What you will do — The records appear below. Repeat them exactly.

══ Record extracts

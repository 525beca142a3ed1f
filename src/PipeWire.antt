-- ===== src/PipeWire.antt =====
-- The state of the router (src/pipewire_router.hpp) that the session graph is read from and
-- written to, and the searches of it (src/pipewire_router.cpp). PipeWire itself is not modelled:
-- its callbacks are the router's handlers with any arguments, and what it does while the router
-- waits is a parameter. `state_mutex_` makes each handler one step. A member of `bound_nodes_`
-- always has its `info`; a `NodeData` whose flag `removed` is set is one that is no longer in the
-- list. Times are in nanoseconds.
pub mod Links
pub mod Chain
pub mod Numbers
pub mod Patching
pub mod Registry
pub mod Waiting
pub mod Reconnect
pub mod Outcomes
pub mod Steady
pub mod Rounds
pub mod Stable
pub mod Switch
pub mod Steps
pub mod Tracking
pub mod Callbacks
pub mod Invariant
pub mod Guard
mod Tests
pub mod Route
use ee_eq_cli.Common.{
  ℕ, ◌==◌, ◌*◌, Bool, String, List, [], ◌∷◌, Option, ◌=s◌, find, count, keep, ◌&&◌, map,
}
use ee_eq_cli.Router.Tasks.{Task}

pub record NodeInfo : Type 0 where
  pub id : ℕ
  pub serial : ℕ
  pub name : String
  pub media_class : String
  pub target_object : String

pub record PortInfo : Type 0 where
  pub id : ℕ
  pub node_id : ℕ
  pub port_id : ℕ
  pub serial : ℕ
  pub direction : String
  pub audio_channel : String
  pub name : String

-- `pw_link_state`, in PipeWire's order.
pub data LinkStatus : Type 0 where
  error : LinkStatus
  unlinked : LinkStatus
  init : LinkStatus
  negotiating : LinkStatus
  allocating : LinkStatus
  paused : LinkStatus
  active : LinkStatus

-- A link of `created_links_`: the nodes and ports that it was made with, and its state.
pub record LinkState : Type 0 where
  pub output_node : ℕ
  pub output_port : ℕ
  pub input_node : ℕ
  pub input_port : ℕ
  pub state : LinkStatus

-- `key` stands for the object's address.
pub record NodeData : Type 0 where
  pub key : ℕ
  pub info : NodeInfo

pub record PatchAttemptInfo : Type 0 where
  pub serial : ℕ
  pub name : String
  pub patched_at : ℕ

pub record LoopGuardEntry : Type 0 where
  pub key : String
  pub rapid_removals : ℕ
  pub last_removed_at : ℕ
  pub suppress_until : ℕ

-- The closures that the router schedules here.
pub data Action : Type 0 where
  patch : ℕ → Action
  reconnect : String → Action
  destroy_proxy : ℕ → Action

-- A write of a stream's target to the metadata.
pub data TargetWrite : Type 0 where
  set_target : (origin_id target_id target_serial : ℕ) → TargetWrite
  clear_target : (origin_id : ℕ) → TargetWrite

-- The filters are given by their node ids.
pub record RouterState : Type 0 where
  pub plugin_order : List String
  pub sink_selector : String
  pub shutting_down : Bool
  pub startup_sink_locked : Bool
  pub eq_filter : Option ℕ
  pub limiter_filter : Option ℕ
  pub convolver_filter : Option ℕ
  pub metadata : Bool
  pub bound_nodes : List NodeData
  pub ports : List PortInfo
  pub created_links : List LinkState
  pub patched_streams : List ℕ
  pub pending_patch_streams : List ℕ
  pub recent_patch_attempts : List PatchAttemptInfo
  pub loop_guard : List LoopGuardEntry
  pub selected_sink : NodeInfo
  pub virtual_sink : NodeInfo
  pub scheduled_tasks : List (Task Action)
  -- What the router has written to the metadata, the last write first.
  pub writes : List TargetWrite

-- PipeWire as the router calls it: whether it makes the link, and what its callbacks do to the
-- router's state while the router waits for it.
pub record World : Type 0 where
  pub creates : RouterState → LinkState → Bool
  pub during : RouterState → RouterState

-- A function that fills `error`: the state it leaves, and the error.
pub data Tried : Type 0 where
  done : RouterState → Tried
  failed : RouterState → String → Tried

-- `if (!f(error)) { return false; }`, and what follows.
infixl 5 ◌>>=◌
abbrev pub ◌>>=◌ : Tried → (RouterState → Tried) → Tried
done s >>= k = k s
failed s e >>= k = failed s e

abbrev pub virtual_sink_name : String
virtual_sink_name = "eq_cli_sink"

abbrev pub media_class_audio_sink : String
media_class_audio_sink = "Audio/Sink"

abbrev pub media_class_stream_output_audio : String
media_class_stream_output_audio = "Stream/Output/Audio"

abbrev pub startup_poll_iterations : ℕ
startup_poll_iterations = 5000

abbrev pub rapid_removal_window : ℕ
rapid_removal_window = 1500 * 1000000

abbrev pub loop_suppress_duration : ℕ
loop_suppress_duration = 5 * 1000000000

abbrev pub loop_suppress_threshold : ℕ
loop_suppress_threshold = 3

-- The `NodeInfo` and `PortInfo` that `{}` gives.
abbrev pub no_node : NodeInfo
no_node = record { id = 0; serial = 0; name = ""; media_class = ""; target_object = "" }

abbrev pub no_port : PortInfo
no_port = record {
  id = 0;
  node_id = 0;
  port_id = 0;
  serial = 0;
  direction = "";
  audio_channel = "";
  name = "";
}

abbrev pub snapshot_nodes : RouterState → List NodeInfo
snapshot_nodes s = map (λ node. node.info) s.bound_nodes

abbrev pub find_node_by_name : RouterState → String → Option NodeInfo
find_node_by_name s name = find (λ info. info.name =s name) (snapshot_nodes s)

abbrev pub find_node_by_id : RouterState → ℕ → Option NodeInfo
find_node_by_id s id = find (λ info. info.id == id) (snapshot_nodes s)

abbrev pub find_node_by_serial : RouterState → ℕ → Option NodeInfo
find_node_by_serial s serial = find (λ info. info.serial == serial) (snapshot_nodes s)

abbrev pub count_node_ports : RouterState → ℕ → ℕ
count_node_ports s node_id = count (λ port. port.node_id == node_id) s.ports

abbrev pub get_node_ports : RouterState → ℕ → String → List PortInfo
get_node_ports s node_id direction =
    keep (λ port. port.node_id == node_id && port.direction =s direction) s.ports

════

Solution —
repository 525beca142a3ed1f
filename src/PipeWire.antt
-- ===== src/PipeWire.antt =====
-- The state of the router (src/pipewire_router.hpp) that the session graph is read from and
-- written to, and the searches of it (src/pipewire_router.cpp). PipeWire itself is not modelled:
-- its callbacks are the router's handlers with any arguments, and what it does while the router
-- waits is a parameter. `state_mutex_` makes each handler one step. A member of `bound_nodes_`
-- always has its `info`; a `NodeData` whose flag `removed` is set is one that is no longer in the
-- list. Times are in nanoseconds.
pub mod Links
pub mod Chain
pub mod Numbers
pub mod Patching
pub mod Registry
pub mod Waiting
pub mod Reconnect
pub mod Outcomes
pub mod Steady
pub mod Rounds
pub mod Stable
pub mod Switch
pub mod Steps
pub mod Tracking
pub mod Callbacks
pub mod Invariant
pub mod Guard
mod Tests
pub mod Route
use ee_eq_cli.Common.{
  ℕ, ◌==◌, ◌*◌, Bool, String, List, [], ◌∷◌, Option, ◌=s◌, find, count, keep, ◌&&◌, map,
}
use ee_eq_cli.Router.Tasks.{Task}

pub record NodeInfo : Type 0 where
  pub id : ℕ
  pub serial : ℕ
  pub name : String
  pub media_class : String
  pub target_object : String

pub record PortInfo : Type 0 where
  pub id : ℕ
  pub node_id : ℕ
  pub port_id : ℕ
  pub serial : ℕ
  pub direction : String
  pub audio_channel : String
  pub name : String

-- `pw_link_state`, in PipeWire's order.
pub data LinkStatus : Type 0 where
  error : LinkStatus
  unlinked : LinkStatus
  init : LinkStatus
  negotiating : LinkStatus
  allocating : LinkStatus
  paused : LinkStatus
  active : LinkStatus

-- A link of `created_links_`: the nodes and ports that it was made with, and its state.
pub record LinkState : Type 0 where
  pub output_node : ℕ
  pub output_port : ℕ
  pub input_node : ℕ
  pub input_port : ℕ
  pub state : LinkStatus

-- `key` stands for the object's address.
pub record NodeData : Type 0 where
  pub key : ℕ
  pub info : NodeInfo

pub record PatchAttemptInfo : Type 0 where
  pub serial : ℕ
  pub name : String
  pub patched_at : ℕ

pub record LoopGuardEntry : Type 0 where
  pub key : String
  pub rapid_removals : ℕ
  pub last_removed_at : ℕ
  pub suppress_until : ℕ

-- The closures that the router schedules here.
pub data Action : Type 0 where
  patch : ℕ → Action
  reconnect : String → Action
  destroy_proxy : ℕ → Action

-- A write of a stream's target to the metadata.
pub data TargetWrite : Type 0 where
  set_target : (origin_id target_id target_serial : ℕ) → TargetWrite
  clear_target : (origin_id : ℕ) → TargetWrite

-- The filters are given by their node ids.
pub record RouterState : Type 0 where
  pub plugin_order : List String
  pub sink_selector : String
  pub shutting_down : Bool
  pub startup_sink_locked : Bool
  pub eq_filter : Option ℕ
  pub limiter_filter : Option ℕ
  pub convolver_filter : Option ℕ
  pub metadata : Bool
  pub bound_nodes : List NodeData
  pub ports : List PortInfo
  pub created_links : List LinkState
  pub patched_streams : List ℕ
  pub pending_patch_streams : List ℕ
  pub recent_patch_attempts : List PatchAttemptInfo
  pub loop_guard : List LoopGuardEntry
  pub selected_sink : NodeInfo
  pub virtual_sink : NodeInfo
  pub scheduled_tasks : List (Task Action)
  -- What the router has written to the metadata, the last write first.
  pub writes : List TargetWrite

-- PipeWire as the router calls it: whether it makes the link, and what its callbacks do to the
-- router's state while the router waits for it.
pub record World : Type 0 where
  pub creates : RouterState → LinkState → Bool
  pub during : RouterState → RouterState

-- A function that fills `error`: the state it leaves, and the error.
pub data Tried : Type 0 where
  done : RouterState → Tried
  failed : RouterState → String → Tried

-- `if (!f(error)) { return false; }`, and what follows.
infixl 5 ◌>>=◌
abbrev pub ◌>>=◌ : Tried → (RouterState → Tried) → Tried
done s >>= k = k s
failed s e >>= k = failed s e

abbrev pub virtual_sink_name : String
virtual_sink_name = "eq_cli_sink"

abbrev pub media_class_audio_sink : String
media_class_audio_sink = "Audio/Sink"

abbrev pub media_class_stream_output_audio : String
media_class_stream_output_audio = "Stream/Output/Audio"

abbrev pub startup_poll_iterations : ℕ
startup_poll_iterations = 5000

abbrev pub rapid_removal_window : ℕ
rapid_removal_window = 1500 * 1000000

abbrev pub loop_suppress_duration : ℕ
loop_suppress_duration = 5 * 1000000000

abbrev pub loop_suppress_threshold : ℕ
loop_suppress_threshold = 3

-- The `NodeInfo` and `PortInfo` that `{}` gives.
abbrev pub no_node : NodeInfo
no_node = record { id = 0; serial = 0; name = ""; media_class = ""; target_object = "" }

abbrev pub no_port : PortInfo
no_port = record {
  id = 0;
  node_id = 0;
  port_id = 0;
  serial = 0;
  direction = "";
  audio_channel = "";
  name = "";
}

abbrev pub snapshot_nodes : RouterState → List NodeInfo
snapshot_nodes s = map (λ node. node.info) s.bound_nodes

abbrev pub find_node_by_name : RouterState → String → Option NodeInfo
find_node_by_name s name = find (λ info. info.name =s name) (snapshot_nodes s)

abbrev pub find_node_by_id : RouterState → ℕ → Option NodeInfo
find_node_by_id s id = find (λ info. info.id == id) (snapshot_nodes s)

abbrev pub find_node_by_serial : RouterState → ℕ → Option NodeInfo
find_node_by_serial s serial = find (λ info. info.serial == serial) (snapshot_nodes s)

abbrev pub count_node_ports : RouterState → ℕ → ℕ
count_node_ports s node_id = count (λ port. port.node_id == node_id) s.ports

abbrev pub get_node_ports : RouterState → ℕ → String → List PortInfo
get_node_ports s node_id direction =
    keep (λ port. port.node_id == node_id && port.direction =s direction) s.ports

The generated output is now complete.